People who see their finances improve, frequently lose weight, and quit smoking. Why?
A few years ago, a financial literacy program started in New Zealand, that helped people with gambling problems and a history of crime, sort out their finances. As the participants progressed in the program, the counselors noticed something: as they got their finances in order, a large share of participants started exercising, lost weight and frequently quit smoking. In short, as their financial problems were resolved, the participants took greater care of their health and became more fit. The program proved something we all know but can’t quite put our finger on: that wealthy people tend to be slim, fit and healthy.
Why poverty is bad news for health
Financial trouble worms its way into almost every part of your life. Researchers have pinpointed that poverty creates a “context of stress”, which means that it’s not just worrying about money: people with limited means have to deal with more conflict, move more often and may not know where their next meal comes from. This impacts health on so many levels.

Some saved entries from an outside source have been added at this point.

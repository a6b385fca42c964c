-- ===== src/Doram/GigaDoram/Grow.antt =====
-- Growing the address space by one bit: `ready_to_grow_naturally`, `grow_naturally` and
-- `finish_grow`, and `grow_on_demand`.
use gigadoram_rs.Base.{
  ℕ, ◌+◌, ◌-◌, ◌^◌, List, [], ◌∷◌, map, ltb, ◌++◌, Option, none, some, Bool, true, false, not, leb,
  ◌==◌, ◌&&◌, if◌then◌else◌, length, range, resize, replicate, ◌>>=◌, ◌>>◌, ensure,
}
use gigadoram_rs.Primitives.Value.{DoramValue, Record, zero_record, clear_alibi}
use gigadoram_rs.DataStructures.SpeedCache
use gigadoram_rs.DataStructures.OhTable.Api.{OhTableApi}
use gigadoram_rs.Doram.Config.{GigaDoramConfig, validate, speed_cache_size, amp_factor}
use gigadoram_rs.Doram.GigaDoram.State.{GigaDoram, Level, empty_level}
use gigadoram_rs.Doram.GigaDoram.Target.{rebuild_target}
use gigadoram_rs.Doram.GigaDoram.Bottom.{replace_if_dummy, finalize_bottom_level}
use gigadoram_rs.Doram.GigaDoram.Rebuild.{RebuildCoins, collect, new_ohtable_of_level, insert_stash}

-- The addresses or labels from `first` on, at least one, each of which must fit `X`.
unfoldable pub fitting_labels : ℕ → ℕ → Option (List ℕ)
fitting_labels first count = do ensure (leb (first + count) (2 ^ 32)); some (range first count)

module _ {V : Type 0} ⦃d : DoramValue V⦄ (api : OhTableApi V) where
  -- The cleansed entries, padded to the new address space.
  unfoldable pub widen : Bool → ℕ → ℕ → List ℕ → Option (List ℕ)
  unfolding fitting_labels
  widen true old_log_n new_log_n xs = do
    fresh ← fitting_labels (2 ^ old_log_n) (2 ^ new_log_n - 2 ^ old_log_n)
    some (xs ++ fresh)
  widen false old_log_n new_log_n xs = do
    let padded = resize (2 ^ new_log_n) (2 ^ old_log_n) xs
    replacements ← fitting_labels (2 ^ new_log_n) (2 ^ new_log_n)
    some (replace_if_dummy old_log_n padded replacements)

  unfoldable pub finish_grow :
      GigaDoram api
      → GigaDoramConfig
      → List ℕ
      → List (Record V)
      → api.Coins
      → Option (GigaDoram api)
  unfolding widen new_ohtable_of_level insert_stash SpeedCache.new
  finish_grow g new_config xs ys coins = do
    let old_log_n = g.config.log_address_space_size
    let new_log_n = new_config.log_address_space_size
    ensure (leb (length xs) (2 ^ new_log_n))
    xs' ← widen g.had_initial_bottom_level old_log_n new_log_n xs
    let ys' = resize (2 ^ new_log_n) zero_record ys
    let fresh : GigaDoram api = record {
      config = new_config;
      speed_cache = SpeedCache.new (speed_cache_size new_config) new_log_n;
      levels = replicate new_config.num_levels (empty_level api);
      packed_query_key = none;
      packed_batch_query_keys = none;
      had_initial_bottom_level = g.had_initial_bottom_level;
    }
    let bottom = new_config.num_levels - 1
    built ← new_ohtable_of_level api fresh bottom xs' ys' coins
    insert_stash api built bottom

  unfoldable pub ready_to_grow_naturally : GigaDoram api → Bool
  unfolding rebuild_target SpeedCache.is_writeable
  ready_to_grow_naturally g = elim (rebuild_target (amp_factor g.config) 0 g.levels) [
    | none ↦ false
    | some (rebuild_to, inclusive) ↦
        not (SpeedCache.is_writeable g.speed_cache) && (rebuild_to == g.config.num_levels - 1)
  ]

  unfoldable pub grow_naturally :
      GigaDoram api → GigaDoramConfig → RebuildCoins api → Option (GigaDoram api)
  unfolding ready_to_grow_naturally rebuild_target collect finalize_bottom_level finish_grow
  grow_naturally g new_config coins = do
    ensure (new_config.log_address_space_size == g.config.log_address_space_size + 1)
    validate new_config
    ensure (ready_to_grow_naturally g)
    (rebuild_to, inclusive) ← rebuild_target (amp_factor g.config) 0 g.levels
    (xs, ys) ← collect api g (rebuild_to + (if inclusive then 1 else 0))
    (xs', ys') ←
        finalize_bottom_level g.config g.had_initial_bottom_level coins.shuffler coins.sort_perm xs
          ys
    finish_grow g new_config xs' ys' coins.table

  -- The untouched entries of every live level, appended.
  pub untouched_levels :
      List (Level api.Table) → List ℕ → List (Record V) → List ℕ × List (Record V)
  untouched_levels [] xs ys = (xs, ys)
  untouched_levels (l ∷ ls) xs ys = elim l.table [
    | none ↦ untouched_levels ls xs ys
    | some t ↦
        let (level_xs, level_ys) = api.extract_untouched t in
        untouched_levels ls (xs ++ level_xs) (ys ++ level_ys)
  ]

  unfoldable pub grow_on_demand :
      GigaDoram api → GigaDoramConfig → RebuildCoins api → Option (GigaDoram api)
  unfolding untouched_levels finalize_bottom_level finish_grow SpeedCache.extract_stored
  grow_on_demand g new_config coins = do
    ensure (new_config.log_address_space_size == g.config.log_address_space_size + 1)
    validate new_config
    let (cache_xs, cache_ys) = SpeedCache.extract_stored g.speed_cache
    let (xs, ys) = untouched_levels g.levels cache_xs cache_ys
    ensure (ltb 0 (length xs))
    (xs', ys') ←
        finalize_bottom_level g.config g.had_initial_bottom_level coins.shuffler coins.sort_perm xs
          (map clear_alibi ys)
    finish_grow g new_config xs' ys' coins.table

For example, if you can only afford to live in an unsafe neighborhood, it can be hard to find a decent place to exercise. If do shift-based work, and only know your schedule a few days in advance, you can’t plan gym time. Also, for many people, stress leads to emotional eating. You may also be limited in your options for healthy food: it’s more expensive than junk food, and as Quartz reported, people on food stamps tend to purchase cheaper products in an attempt to stretch their budgets. In short, economic uncertainty makes it harder to plan for workouts and healthy meals.
Why better finances = improved health
Once you’ve reached a comfortable income however, you can afford the resources that protect and improve health long term - which is what the New Zealand financial literacy program noted. You’re likely to be in a more stable and flexible job with good benefits such as paid leave, health insurance and wellness programs. You’re less likely to work a hazardous job. You can spend your disposable income on proper medical care and a healthy lifestyle - benefits that also extend to your children. Being financially secure, can also lead you to make healthier choices, as healthy food is more expensive than junk food. You’ll have more time to exercise – or the financial resources to make it easy to do so. You’re also more likely to spend on education. This maximizes your family’s chances of continuing to live comfortably.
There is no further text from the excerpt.